In fact, we have to think in terms of two Jewish states, one within the Green Line, living according to Israeli law, and the other across that line, relying on Jordanian law. The one is not entitled to depart from the laws of the state, the other can draw on whichever legal system it finds fit: Jordanian, Israeli or military regulations. The one is committed to the banking and mortgage laws that prevail in Israel, the other takes according to Israeli law and gives back according to Jordanian law, or according to no law at all.

The gap between the two Jewish nation-states is quite clear from the other data scattered in the report. This refers not only to the amount of money that has been invested in the settlements, but to the method. A small table on page 313 shows that from 2000-2002 there was a disparity of 553 percent between the Housing Ministry's per capita investment in communities inside the Green Line and in communities possessing an identical socioeconomic level in the territories. Converted into shekels, this means the Housing Ministry's assistance to a Jewish resident in the territories totaled NIS 4,585, as opposed to NIS 702 inside the Green Line, in areas that are classified as having the highest national priority.

The illegal building, the unsupervised investments, the lack of transparency, the exercises in evading proper repayment of mortgages - the comptroller's report is studded with such descriptions - indicate the scale of the failure, the negligence, the neglect and the winking policy of the Housing Ministry with regard to the settlements.
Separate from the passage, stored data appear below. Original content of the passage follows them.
-- ===== src/Redact/Scan.antt =====
-- About `stripString` of security/private-tags.ts: the same removal as one walk without positions.
use teamem_server.Prelude.{
  none-ne-some, some-ne-none, some-injective, ℕ, zero, suc, ◌+◌, ◌-◌, ◌≤◌, ◌<◌, ◌⊎◌, ◌≡◌, refl, sym,
  ap, ◌∙◌, inl, inr, true, false, none, some, List, [], ◌∷◌, ◌++◌, take, drop, length, arith,
  Option-cases, Bool-cases, if◌then◌else◌,
}
use mathlib.Core.List.{append-nil}
use teamem_server.Redact.{open_tag, close_tag, starts_with, index_of, strip_from, strip_string}

pub data Mode : Type 0 where
  outside inside : Mode

-- Outside of a section characters are kept up to the next opening tag; inside they are dropped up to
-- the next closing tag. The number is of characters of a tag that are still to be passed over.
unfoldable pub scan : Mode → ℕ → List ℕ → List ℕ
unfolding starts_with
scan mode k [] = []
scan mode (suc k) (c ∷ s) = scan mode k s
scan outside zero (c ∷ s) =
    let kept = c ∷ scan outside zero s in
    let entered = scan inside 8 s in if starts_with open_tag (c ∷ s) then entered else kept
scan inside zero (c ∷ s) =
    let dropped = scan inside zero s in
    let left = scan outside 9 s in if starts_with close_tag (c ∷ s) then left else dropped

scan-drop : (mode : Mode) (k : ℕ) (s : List ℕ) → scan mode k s ≡ scan mode 0 (drop k s)
unfolding scan
scan-drop mode zero s = refl
scan-drop mode (suc k) [] = refl
scan-drop mode (suc k) (c ∷ s) = scan-drop mode k s

module _ (tag : List ℕ) where
  first_none :
      (c : ℕ) (s : List ℕ)
      → index_of tag (c ∷ s) ≡ none
      → (starts_with tag (c ∷ s) ≡ false) × (index_of tag s ≡ none)
  unfolding index_of
  first_none c s h = elim (Bool-cases (starts_with tag (c ∷ s))) [
    | inl here ↦ absurd (some-ne-none (rw here at h))
    | inr not_here ↦ elim (Option-cases (index_of tag s)) [
      | inl nowhere ↦ (not_here, nowhere)
      | inr (i, there) ↦ absurd (some-ne-none (rw (not_here, there) at h))
    ]
  ]

  first_some :
      (c : ℕ) (s : List ℕ) (i : ℕ)
      → index_of tag (c ∷ s) ≡ some i
      → ((starts_with tag (c ∷ s) ≡ true) × (i ≡ 0))
        ⊎ ((j : ℕ) × (starts_with tag (c ∷ s) ≡ false) × (index_of tag s ≡ some j) × (i ≡ suc j))
  unfolding index_of
  first_some c s i h = elim (Bool-cases (starts_with tag (c ∷ s))) [
    | inl here ↦ inl (here, sym (some-injective (rw here at h)))
    | inr not_here ↦ elim (Option-cases (index_of tag s)) [
      | inl nowhere ↦ absurd (none-ne-some (rw (not_here, nowhere) at h))
      | inr (j, there) ↦ inr (j, not_here, there, sym (some-injective (rw (not_here, there) at h)))
    ]
  ]

keep :
    (c : ℕ) (s : List ℕ)
    → starts_with open_tag (c ∷ s) ≡ false
    → scan outside 0 (c ∷ s) ≡ c ∷ scan outside 0 s
unfolding scan
keep c s h = rw h refl

enter :
    (c : ℕ) (s : List ℕ)
    → starts_with open_tag (c ∷ s) ≡ true
    → scan outside 0 (c ∷ s) ≡ scan inside 0 (drop 8 s)
unfolding scan
enter c s h = rw h (scan-drop inside 8 s)

omit :
    (c : ℕ) (s : List ℕ)
    → starts_with close_tag (c ∷ s) ≡ false
    → scan inside 0 (c ∷ s) ≡ scan inside 0 s
unfolding scan
omit c s h = rw h refl

leave :
    (c : ℕ) (s : List ℕ)
    → starts_with close_tag (c ∷ s) ≡ true
    → scan inside 0 (c ∷ s) ≡ scan outside 0 (drop 9 s)
unfolding scan
leave c s h = rw h (scan-drop outside 9 s)

scan_plain : (s : List ℕ) → index_of open_tag s ≡ none → scan outside 0 s ≡ s
unfolding scan
scan_plain [] h = refl
scan_plain (c ∷ s) h =
    let (not_here, nowhere) = first_none open_tag c s h in
    keep c s not_here ∙ ap (λ l. c ∷ l) (scan_plain s nowhere)

scan_unclosed : (s : List ℕ) → index_of close_tag s ≡ none → scan inside 0 s ≡ []
unfolding scan
scan_unclosed [] h = refl
scan_unclosed (c ∷ s) h =
    let (not_here, nowhere) = first_none close_tag c s h in
    omit c s not_here ∙ scan_unclosed s nowhere

drop_more : (n j c : ℕ) (s : List ℕ) → drop (suc j + n) (c ∷ s) ≡ drop (j + n) s
drop_more n j c s =
    let one_more : suc j + n ≡ suc (j + n) = omega arith in ap (λ k. drop k (c ∷ s)) one_more

scan_open :
    (s : List ℕ) (i : ℕ)
    → index_of open_tag s ≡ some i
    → scan outside 0 s ≡ take i s ++ scan inside 0 (drop (i + 9) s)
unfolding index_of
scan_open [] i h = absurd (none-ne-some h)
scan_open (c ∷ s) i h = elim (first_some open_tag c s i h) [
  | inl (here, at_once) ↦ rw at_once (enter c s here)
  | inr (j, not_here, there, next) ↦ rw next (
      keep c s not_here
      ∙ ap (λ l. c ∷ l) (scan_open s j there)
      ∙ ap (λ l. c ∷ (take j s ++ scan inside 0 l)) (sym (drop_more 9 j c s)))
]

scan_close :
    (s : List ℕ) (j : ℕ)
    → index_of close_tag s ≡ some j
    → scan inside 0 s ≡ scan outside 0 (drop (j + 10) s)
unfolding index_of
scan_close [] j h = absurd (none-ne-some h)
scan_close (c ∷ s) j h = elim (first_some close_tag c s j h) [
  | inl (here, at_once) ↦ rw at_once (leave c s here)
  | inr (k, not_here, there, next) ↦
      rw next
        (omit c s not_here ∙ scan_close s k there ∙ ap (scan outside 0) (sym (drop_more 10 k c s)))
]

length-drop : (k : ℕ) (s : List ℕ) → length (drop k s) ≤ length s - k
length-drop zero s = omega arith
length-drop (suc k) [] = omega arith
length-drop (suc k) (c ∷ s) = omega (arith, length-drop k s)

nonempty : (s : List ℕ) (i : ℕ) → index_of open_tag s ≡ some i → 1 ≤ length s
unfolding index_of
nonempty [] i h = absurd (none-ne-some h)
nonempty (c ∷ s) i h = omega arith

strip_from-scan : (n : ℕ) (s : List ℕ) → length s < n → strip_from n s ≡ scan outside 0 s
unfolding strip_from
strip_from-scan zero s h = absurd (omega (arith, h))
strip_from-scan (suc n) s h = elim (Option-cases (index_of open_tag s)) [
  | inl plain ↦ rw (plain, strip_from) (sym (scan_plain s plain))
  | inr (i, opened) ↦
      let rest = drop (i + 9) s in
      elim (Option-cases (index_of close_tag rest)) [
        | inl unclosed ↦
            rw (opened, strip_from, unclosed)
              (sym (
                scan_open s i opened
                ∙ ap (λ l. take i s ++ l) (scan_unclosed rest unclosed)
                ∙ append-nil (take i s)))
        | inr (j, closed) ↦
            rw (opened, strip_from, closed)
              (ap (λ l. take i s ++ l)
                  (strip_from-scan n (drop (j + 10) rest) (
                      omega (
                        arith,
                        h,
                        nonempty s i opened,
                        length-drop (j + 10) rest,
                        length-drop (i + 9) s,
                      ))
                    ∙ sym (scan_close rest j closed))
                ∙ sym (scan_open s i opened))
      ]
]

-- `stripString` does what the walk does: it keeps the text up to an opening tag and after the next
-- closing tag, again and again, and nothing after an opening tag that is not closed. Its bound on
-- the passes is always enough.
pub strip_string-scan : (s : List ℕ) → strip_string s ≡ scan outside 0 s
unfolding strip_string
strip_string-scan s = strip_from-scan (suc (length s)) s (omega arith)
In a word, to corruption. However, this is not the case concerning the huge gap between the scale of investment in the territories and inside the Green Line.

The difference in per capita investment bears long-term ideological significance that can't be explained solely by the intention to compensate Israelis living in high-risk areas, or to encourage migration to the territories in order to create political facts. It involves the creation of a different Jewish identity - and hence a different culture - from the one that exists in Israel. Underlying this identity is a concept of territories Jewry as an elite that deserves the best and for which the whole existence of the State of Israel is no more than a feed-line. The state comptroller is justifiably worried about the level of transparency in the decision making. To his chagrin, he is unable to be critical of the nature of the decisions. In the matter of the settlements, his status resembles that of a Jordanian comptroller who would want to investigate whether the settlements are implementing properly the Jordanian planning law from which they draw their existence. The comptroller seeks to, almost begs to, apply Israeli criteria to a population that from the outset established its foundations on divine law.

The comptroller's report, which demarcates the boundaries of the settlement culture, is therefore the most "scientific" explanation of the failure of the disengagement plan in the Likud referendum. The settlers' success is mistakenly attributed to the request to show "compassion for their home." The truth is that the members of the Likud would not likely cry out in protest if, say, the foundering Negev town of Mitzpeh Ramon were to be evacuated for economic reasons. The settlers' success stems from the fact that they were able to persuade others that it's wrong to uproot a "cultural implantation" from its soil and move it to an unknown place called the State of Israel. A place where the difference between them and the riffraff will disappear.